The second is the dying’s wish that they would be remembered and that their lives were somehow meaningful. When a woman who had been severely pinned to a vehicle was informed that death was near, all she could do was express her hope that her life had not been wasted, and that she had somehow made a difference in the world. From their brief conversation, however, Matthew learned that she was a mother of two adopted children who were now going to medical school, two children who would never have had this opportunity and would later go on to save countless lives as medical doctors all because of a loving mother who adopted them and provided them a life they never would have had. That woman died consoled by the thought that she had not lived her life in vain.

As Matthew has learned, our last thoughts when we die would be about the things that we have actually done–or not done–in our lives, not the words we have spoken or the promises we have made. Our decisions and our deeds are what will define our lives and shape the memories of those we leave behind. At the end of the day, it is our actions, the things we do, that will prove to be real, that will last and not fade away. This, I think, is the message that our Lord is also teaching us today.

7 replies on “OUR DYING THOUGHTS”

The Angels of old are the strangers of today. We hardly talk to strangers anymore. But we can DO something for them. To the food riders, we can do more than say thank you. To folks driven by hunger to walk the streets for food, we can share our leftovers sitting in the fridge. The lockdown has given us more to-do for these wingless angels and less to-say to them. Shouldn’t I say thank God for the lockdown? We just have to be watchful for chances to do what God wants us to do.

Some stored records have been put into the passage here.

-- ===== src/Tasks/Homing.antt =====
-- The homing loop of `sweep_task` in Tasks/tasks.c.
use sentinel_rtos.Base.{ℕ, zero, suc, ◌*◌, ◌≤◌, ◌≡◌, refl, ◌∙◌, sym, ap, true, arith}
use sentinel_rtos.Kernel.Run.{◌>>◌}
use sentinel_rtos.Kernel.Tick.{os_delay}
use sentinel_rtos.Drivers.Servo.{Pwm, servo_set_angle}
use sentinel_rtos.Tasks.{add, negate, at_least, home}

-- The angle with `j` rounds left.
abbrev pub with_left : ℕ → ℕ
with_left j = add (5 * j) (negate 5)

pub turns :
    (fuel j : ℕ) (p : Pwm)
    → j ≤ 100
    → home (suc fuel) (with_left (suc j)) p
      ≡ (os_delay 50 >> home fuel (with_left j) (servo_set_angle (with_left (suc j)) p))
unfolding home
turns fuel j p small =
    rw above
      (ap (λ a. os_delay 50 >> home fuel a (servo_set_angle (with_left (suc j)) p)) (omega arith))
  where
    above : at_least (with_left (suc j)) 0 ≡ true
    above = ground arith

any_fuel :
    (j fuel : ℕ) (p : Pwm) → j ≤ 100 → j ≤ fuel → home fuel (with_left j) p ≡ home j (with_left j) p
unfolding home
any_fuel zero zero p small enough = refl
any_fuel zero (suc fuel) p small enough = refl
any_fuel (suc j) zero p small enough = absurd (omega arith)
any_fuel (suc j) (suc fuel) p small enough =
    turns fuel j p (omega arith)
    ∙ ap (λ rest. os_delay 50 >> rest)
        (any_fuel j fuel (servo_set_angle (with_left (suc j)) p) (omega arith) (omega arith))
    ∙ sym (turns j j p (omega arith))

-- From 90 degrees the homing loop ends after 19 rounds: any greater fuel gives what 19 gives.
pub home-ends : (fuel : ℕ) (p : Pwm) → 19 ≤ fuel → home fuel 90 p ≡ home 19 90 p
home-ends fuel p enough = any_fuel 19 fuel p (omega arith) enough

Thank you for this – a good reflection especially about death. We just lost our father. Though in his 90 years on earth were blessed years and bonus years too, poignant remembrances. We remember how good a father to us his 7 children and to our mother. We love him , his bad and good traits. We offer to the Lord our prayers to light up his journey back to our good Lord. Amen. ?

Unless the Lord gives the grace of love and generosity, we can never be brave enough to defy worldly ways(saying “yes” just so to appear good). It is frightening at the outset to follow Christ(it is always frightening) but all it takes is faith and trust in Him that all will be well, and God keeps his promise of protection! I experienced this firsthand!

Words in prayer are empty until it is turned into action ?Lord help us to fulfil our words with actions according to Your Will & Plan for our lives?

Fr. J there is another significant TED talk about death by Emily Levine who has 4th stage cancer. She is a comedian philosopher, so even as she talks about a morbid subject, she delivers it with levity and peaceful acceptance as though one is meeting a friend. Her treatise also embodies the reason why I do not want cremation.